Collected data entries
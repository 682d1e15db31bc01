-- ===== src/Synctest/Names.antt =====
-- The names that synctest.c prints into its buffers: `mk_dirname`, `mk_filename`, `mk_new_filename`.
use testunion.Common.{
  ℕ, ◌+◌, ◌^◌, ◌≤◌, ◌<◌, ◌≡◌, ◌≢◌, ◌↔◌, refl, arith, [], ◌∷◌, ◌++◌, Option, none, some, All,
  All-mono, length, length-append, ap, sym,
}
use testunion.Common.Options.{Text}
use testunion.Synctest.Child.{Name}

-- `malloc(strlen(dirname) + 64)`
unfoldable pub buffer_size : Text → ℕ
buffer_size dirname = length dirname + 64

-- `padded w n` is what `%0wd` prints for the number n.
module _ (padded : ℕ → ℕ → Text) where
  unfoldable pub dir_text : Text → ℕ → Text
  dir_text dirname thread_group = dirname ++ (b'/' ∷ padded 5 thread_group)

  -- What stands behind the directory: `%05d-%05d` or `%02d-%05d-%05d`.
  unfoldable pub base_text : Option ℕ → ℕ → ℕ → Text
  base_text none pid fileno = padded 5 pid ++ (b'-' ∷ padded 5 fileno)
  base_text (some pass) pid fileno =
      padded 2 pass ++ (b'-' ∷ (padded 5 pid ++ (b'-' ∷ padded 5 fileno)))

  unfoldable pub name_text : Text → Name → Text
  name_text dirname n =
      dirname ++ (b'/' ∷ (padded 5 n.thread_group ++ (b'/' ∷ base_text n.pass n.pid n.fileno)))

-- Different numbers are printed differently, without a slash or a dash, and an `int` in ten digits.
pub record IsPadded (padded : ℕ → ℕ → Text) : Type 0 where
  pub injective : (w m n : ℕ) → padded w m ≡ padded w n → m ≡ n
  pub digits : (w n : ℕ) → All (λ c. (c ≢ b'/') × (c ≢ b'-')) (padded w n)
  pub short : (w n : ℕ) → w ≤ 10 → n < 2 ^ 31 → length (padded w n) ≤ 10

-- A list ends at its first separator.
split_unique :
    (c : ℕ) (xs ys r s : Text)
    → All (λ d. d ≢ c) xs
    → All (λ d. d ≢ c) ys
    → xs ++ (c ∷ r) ≡ ys ++ (c ∷ s)
    → (xs ≡ ys) × (r ≡ s)
split_unique c [] [] r s h k e = (refl, cc)
split_unique c [] (y ∷ ys) r s h k e = absurd (k.0 (cc))
split_unique c (x ∷ xs) [] r s h k e = absurd (h.0 (cc))
split_unique c (x ∷ xs) (y ∷ ys) r s h k e =
    let (same, rest) = split_unique c xs ys r s h.1 k.1 (cc) in (cc, rest)

append_cancel : (c : ℕ) (d r s : Text) → d ++ (c ∷ r) ≡ d ++ (c ∷ s) → r ≡ s
append_cancel c [] r s e = cc
append_cancel c (x ∷ d) r s e = append_cancel c d r s (cc)

name_ext :
    (m n : Name)
    → m.thread_group ≡ n.thread_group
    → m.pid ≡ n.pid
    → m.pass ≡ n.pass
    → m.fileno ≡ n.fileno
    → m ≡ n
name_ext m n g p q f = cc

no_separator : (c : ℕ) (xs ys r : Text) → All (λ d. d ≢ c) xs → xs ≢ ys ++ (c ∷ r)
no_separator c [] [] r h e = cc
no_separator c [] (y ∷ ys) r h e = cc
no_separator c (x ∷ xs) [] r h e = h.0 (cc)
no_separator c (x ∷ xs) (y ∷ ys) r h e = no_separator c xs ys r h.1 (cc)

module _ {padded : ℕ → ℕ → Text} (p : IsPadded padded) where
  no_slash : (w n : ℕ) → All (λ c. c ≢ b'/') (padded w n)
  no_slash w n = All-mono _ _ (padded w n) (λ c h. h.0) (p.digits w n)

  no_dash : (w n : ℕ) → All (λ c. c ≢ b'-') (padded w n)
  no_dash w n = All-mono _ _ (padded w n) (λ c h. h.1) (p.digits w n)

  -- A process number, a dash and a file number.
  pair-injective :
      (pid fileno pid' fileno' : ℕ)
      → padded 5 pid ++ (b'-' ∷ padded 5 fileno) ≡ padded 5 pid' ++ (b'-' ∷ padded 5 fileno')
      → (pid ≡ pid') × (fileno ≡ fileno')
  pair-injective pid fileno pid' fileno' e =
      let (l, r) =
        split_unique b'-' (padded 5 pid) (padded 5 pid') _ _ (no_dash 5 pid) (no_dash 5 pid') e in
      (p.injective 5 pid pid' l, p.injective 5 fileno fileno' r)

  base_text-injective :
      (pass pass' : Option ℕ) (pid fileno pid' fileno' : ℕ)
      → base_text padded pass pid fileno ≡ base_text padded pass' pid' fileno'
      → (pass ≡ pass') × (pid ≡ pid') × (fileno ≡ fileno')
  unfolding base_text
  base_text-injective none none pid fileno pid' fileno' e =
      let (pids, files) = pair-injective pid fileno pid' fileno' e in (refl, pids, files)
  base_text-injective none (some b) pid fileno pid' fileno' e =
      let (l, r) =
        split_unique b'-' (padded 5 pid) (padded 2 b) _ _ (no_dash 5 pid) (no_dash 2 b) e in
      absurd (no_separator b'-' _ _ _ (no_dash 5 fileno) r)
  base_text-injective (some a) none pid fileno pid' fileno' e =
      let (l, r) =
        split_unique b'-' (padded 2 a) (padded 5 pid') _ _ (no_dash 2 a) (no_dash 5 pid') e in
      absurd (no_separator b'-' _ _ _ (no_dash 5 fileno') (sym r))
  base_text-injective (some a) (some b) pid fileno pid' fileno' e =
      let (l, r) = split_unique b'-' (padded 2 a) (padded 2 b) _ _ (no_dash 2 a) (no_dash 2 b) e in
      let (pids, files) = pair-injective pid fileno pid' fileno' r in
      (ap some (p.injective 2 a b l), pids, files)

  name_text-injective :
      (dirname : Text) (m n : Name)
      → name_text padded dirname m ≡ name_text padded dirname n
      → m ≡ n
  unfolding name_text
  name_text-injective dirname m n e =
      let below = append_cancel b'/' dirname _ _ e in
      let (group, base) =
        split_unique b'/' (padded 5 m.thread_group) (padded 5 n.thread_group) _ _
          (no_slash 5 m.thread_group) (no_slash 5 n.thread_group) below in
      let (pass, pid, fileno) =
        base_text-injective m.pass n.pass m.pid m.fileno n.pid n.fileno base in
      let groups = p.injective 5 m.thread_group n.thread_group group in
      name_ext m n groups pid pass fileno

  -- The numbers of a name are of the type `int`.
  abbrev pub HasInts : Name → Type 0
  HasInts n =
      (n.thread_group < 2 ^ 31)
      × (n.pid < 2 ^ 31)
      × (n.fileno < 2 ^ 31)
      × ((pass : ℕ) → n.pass ≡ some pass → pass < 2 ^ 31)

  base_text-fits :
      (pass : Option ℕ) (pid fileno : ℕ)
      → pid < 2 ^ 31
      → fileno < 2 ^ 31
      → ((k : ℕ) → pass ≡ some k → k < 2 ^ 31)
      → length (base_text padded pass pid fileno) ≤ 32
  unfolding base_text
  base_text-fits none pid fileno small small' h = omega (
    arith,
    length-append (padded 5 pid) (b'-' ∷ padded 5 fileno),
    p.short 5 pid (omega arith) small,
    p.short 5 fileno (omega arith) small',
  )
  base_text-fits (some k) pid fileno small small' h = omega (
    arith,
    length-append (padded 2 k) (b'-' ∷ (padded 5 pid ++ (b'-' ∷ padded 5 fileno))),
    length-append (padded 5 pid) (b'-' ∷ padded 5 fileno),
    p.short 2 k (omega arith) (h k refl),
    p.short 5 pid (omega arith) small,
    p.short 5 fileno (omega arith) small',
  )

  name_text-fits :
      (dirname : Text) (n : Name)
      → HasInts n
      → length (name_text padded dirname n) + 1 ≤ buffer_size dirname
  unfolding name_text buffer_size
  name_text-fits dirname n (g, pid, fileno, pass) =
      let base = base_text padded n.pass n.pid n.fileno in
      omega (
        arith,
        length-append dirname (b'/' ∷ (padded 5 n.thread_group ++ (b'/' ∷ base))),
        length-append (padded 5 n.thread_group) (b'/' ∷ base),
        p.short 5 n.thread_group (omega arith) g,
        base_text-fits n.pass n.pid n.fileno pid fileno pass,
      )

  dir_text-fits :
      (dirname : Text) (g : ℕ)
      → g < 2 ^ 31
      → length (dir_text padded dirname g) + 1 ≤ buffer_size dirname
  unfolding dir_text buffer_size
  dir_text-fits dirname g small =
      omega (arith, length-append dirname (b'/' ∷ padded 5 g), p.short 5 g (omega arith) small)

  -- Where %05d and %02d tell numbers apart and print an int in at most ten digits, without a slash
  -- or a dash, and the numbers of a name are of type int, the text of the name and of its directory
  -- fit the buffer of strlen(dirname) + 64 bytes with the final NUL, and two names have the same
  -- text exactly when they are the same name.
  pub name_text_lem :
      (dirname : Text) (m n : Name)
      → HasInts m
      → (length (name_text padded dirname m) + 1 ≤ buffer_size dirname)
        × (length (dir_text padded dirname m.thread_group) + 1 ≤ buffer_size dirname)
        × ((name_text padded dirname m ≡ name_text padded dirname n) ↔ (m ≡ n))
  name_text_lem dirname m n ints = (
    name_text-fits dirname m ints,
    dir_text-fits dirname m.thread_group ints.0,
    (name_text-injective dirname m n, ap (name_text padded dirname)),
  )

=== EXERCISE DETAILS ===
Using the data above, reproduce exactly the lines from the line that contains "m.thread_group ≡ n.thread_group" through the line that contains "-- A process", including both.

=== EXERCISE OUTPUT ===
    → m.thread_group ≡ n.thread_group
    → m.pid ≡ n.pid
    → m.pass ≡ n.pass
    → m.fileno ≡ n.fileno
    → m ≡ n
name_ext m n g p q f = cc

no_separator : (c : ℕ) (xs ys r : Text) → All (λ d. d ≢ c) xs → xs ≢ ys ++ (c ∷ r)
no_separator c [] [] r h e = cc
no_separator c [] (y ∷ ys) r h e = cc
no_separator c (x ∷ xs) [] r h e = h.0 (cc)
no_separator c (x ∷ xs) (y ∷ ys) r h e = no_separator c xs ys r h.1 (cc)

module _ {padded : ℕ → ℕ → Text} (p : IsPadded padded) where
  no_slash : (w n : ℕ) → All (λ c. c ≢ b'/') (padded w n)
  no_slash w n = All-mono _ _ (padded w n) (λ c h. h.0) (p.digits w n)

  no_dash : (w n : ℕ) → All (λ c. c ≢ b'-') (padded w n)
  no_dash w n = All-mono _ _ (padded w n) (λ c h. h.1) (p.digits w n)

  -- A process number, a dash and a file number.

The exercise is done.